-------- Given records --------
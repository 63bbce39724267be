-- ===== src/Prototype/Viewer.antt =====
-- prototype/hosts/viewer.py. The clock is read once for each frame, so it is a function of the number
-- of frames so far; `unpack_time` is `struct.unpack('!d')`, `none` where it raises, and the arithmetic
-- on times is Python's on floats.
use p2p_livestreaming.Prelude.{
  ℕ, zero, suc, Option, none, some, List, [], ◌∷◌, ◌++◌, length, if◌then◌else◌, Bytes, bytes_eq,
}
use p2p_livestreaming.Prototype.{
  parse_timestamp, bcast_beg, ctrl_msg_len, Sock, recv, got, ended, assertion_error, spinning,
  recv_frame,
}

pub data Fault : Type 0 where
  struct_error assertion_failed : Fault

-- `watching`: a loop did not end within its fuel.
pub data View (Time : Type 0) : Type 0 where
  viewed : (frame_cnt : ℕ) (latency_measures : List Time) → View Time
  raised : Fault → (latency_measures : List Time) → View Time
  watching : View Time

module _ {Time : Type 0} (unpack_time : Bytes → Option Time) (sub : Time → Time → Time)
    (clock : ℕ → Time) where
  -- The loop over `_recv_frame`.
  unfoldable pub view_loop : (fuel inner : ℕ) → ℕ → List Time → Sock → View Time
  unfolding recv_frame
  view_loop zero inner frame_cnt measures s = watching
  view_loop (suc fuel) inner frame_cnt measures s = elim (recv_frame inner s) [
    | spinning ↦ watching
    | assertion_error ↦ raised assertion_failed measures
    | ended s₁ ↦ viewed frame_cnt measures
    | got header frame s₁ ↦ elim (parse_timestamp unpack_time header) [
      | none ↦ raised struct_error measures
      | some sent_at ↦
          view_loop fuel inner (suc frame_cnt) (measures ++ sub (clock frame_cnt) sent_at ∷ []) s₁
    ]
  ]

  -- `view`
  unfoldable pub view : ℕ → Sock → View Time
  unfolding recv view_loop bytes_eq
  view fuel s =
      let (msg, s₁) = recv ctrl_msg_len s in
      if bytes_eq msg bcast_beg then view_loop fuel fuel 0 [] s₁ else raised assertion_failed []

-- `avg_latency_ms`, `none` where the division by the number of frames raises.
unfoldable pub avg_latency_ms :
    {Time : Type 0} (total : List Time → Time) (divide : Time → ℕ → Time) (in_ms : Time → ℕ)
    → List Time
    → Option ℕ
avg_latency_ms total divide in_ms [] = none
avg_latency_ms total divide in_ms (t ∷ ts) =
    some (in_ms (divide (total (t ∷ ts)) (length (t ∷ ts))))

-- What the main block prints of a view; `none` where it raises or goes on.
unfoldable pub report : {Time : Type 0} → (List Time → Option ℕ) → View Time → Option ℕ
report average (viewed frame_cnt measures) = average measures
report average (raised x measures) = none
report average watching = none

-- The main block, on the arguments behind the script's name, the view of what arrives on the port, and
-- `avg_latency_ms`.
unfoldable pub main :
    {Time : Type 0}
    → (int : Bytes → Option ℕ) → (viewing : ℕ → View Time) → (average : List Time → Option ℕ)
    → (args : List Bytes) → Option ℕ
unfolding report
main int viewing average (port ∷ []) = elim (int port) [
  | none ↦ none
  | some p ↦ report average (viewing p)
]
main int viewing average _ = none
--------
Work to be completed:
Output every record above a second time, exactly.

Expected answer:
repository 63bbce39724267be
-- ===== src/Prototype/Viewer.antt =====
-- prototype/hosts/viewer.py. The clock is read once for each frame, so it is a function of the number
-- of frames so far; `unpack_time` is `struct.unpack('!d')`, `none` where it raises, and the arithmetic
-- on times is Python's on floats.
use p2p_livestreaming.Prelude.{
  ℕ, zero, suc, Option, none, some, List, [], ◌∷◌, ◌++◌, length, if◌then◌else◌, Bytes, bytes_eq,
}
use p2p_livestreaming.Prototype.{
  parse_timestamp, bcast_beg, ctrl_msg_len, Sock, recv, got, ended, assertion_error, spinning,
  recv_frame,
}

pub data Fault : Type 0 where
  struct_error assertion_failed : Fault

-- `watching`: a loop did not end within its fuel.
pub data View (Time : Type 0) : Type 0 where
  viewed : (frame_cnt : ℕ) (latency_measures : List Time) → View Time
  raised : Fault → (latency_measures : List Time) → View Time
  watching : View Time

module _ {Time : Type 0} (unpack_time : Bytes → Option Time) (sub : Time → Time → Time)
    (clock : ℕ → Time) where
  -- The loop over `_recv_frame`.
  unfoldable pub view_loop : (fuel inner : ℕ) → ℕ → List Time → Sock → View Time
  unfolding recv_frame
  view_loop zero inner frame_cnt measures s = watching
  view_loop (suc fuel) inner frame_cnt measures s = elim (recv_frame inner s) [
    | spinning ↦ watching
    | assertion_error ↦ raised assertion_failed measures
    | ended s₁ ↦ viewed frame_cnt measures
    | got header frame s₁ ↦ elim (parse_timestamp unpack_time header) [
      | none ↦ raised struct_error measures
      | some sent_at ↦
          view_loop fuel inner (suc frame_cnt) (measures ++ sub (clock frame_cnt) sent_at ∷ []) s₁
    ]
  ]

  -- `view`
  unfoldable pub view : ℕ → Sock → View Time
  unfolding recv view_loop bytes_eq
  view fuel s =
      let (msg, s₁) = recv ctrl_msg_len s in
      if bytes_eq msg bcast_beg then view_loop fuel fuel 0 [] s₁ else raised assertion_failed []

-- `avg_latency_ms`, `none` where the division by the number of frames raises.
unfoldable pub avg_latency_ms :
    {Time : Type 0} (total : List Time → Time) (divide : Time → ℕ → Time) (in_ms : Time → ℕ)
    → List Time
    → Option ℕ
avg_latency_ms total divide in_ms [] = none
avg_latency_ms total divide in_ms (t ∷ ts) =
    some (in_ms (divide (total (t ∷ ts)) (length (t ∷ ts))))

-- What the main block prints of a view; `none` where it raises or goes on.
unfoldable pub report : {Time : Type 0} → (List Time → Option ℕ) → View Time → Option ℕ
report average (viewed frame_cnt measures) = average measures
report average (raised x measures) = none
report average watching = none

-- The main block, on the arguments behind the script's name, the view of what arrives on the port, and
-- `avg_latency_ms`.
unfoldable pub main :
    {Time : Type 0}
    → (int : Bytes → Option ℕ) → (viewing : ℕ → View Time) → (average : List Time → Option ℕ)
    → (args : List Bytes) → Option ℕ
unfolding report
main int viewing average (port ∷ []) = elim (int port) [
  | none ↦ none
  | some p ↦ report average (viewing p)
]
main int viewing average _ = none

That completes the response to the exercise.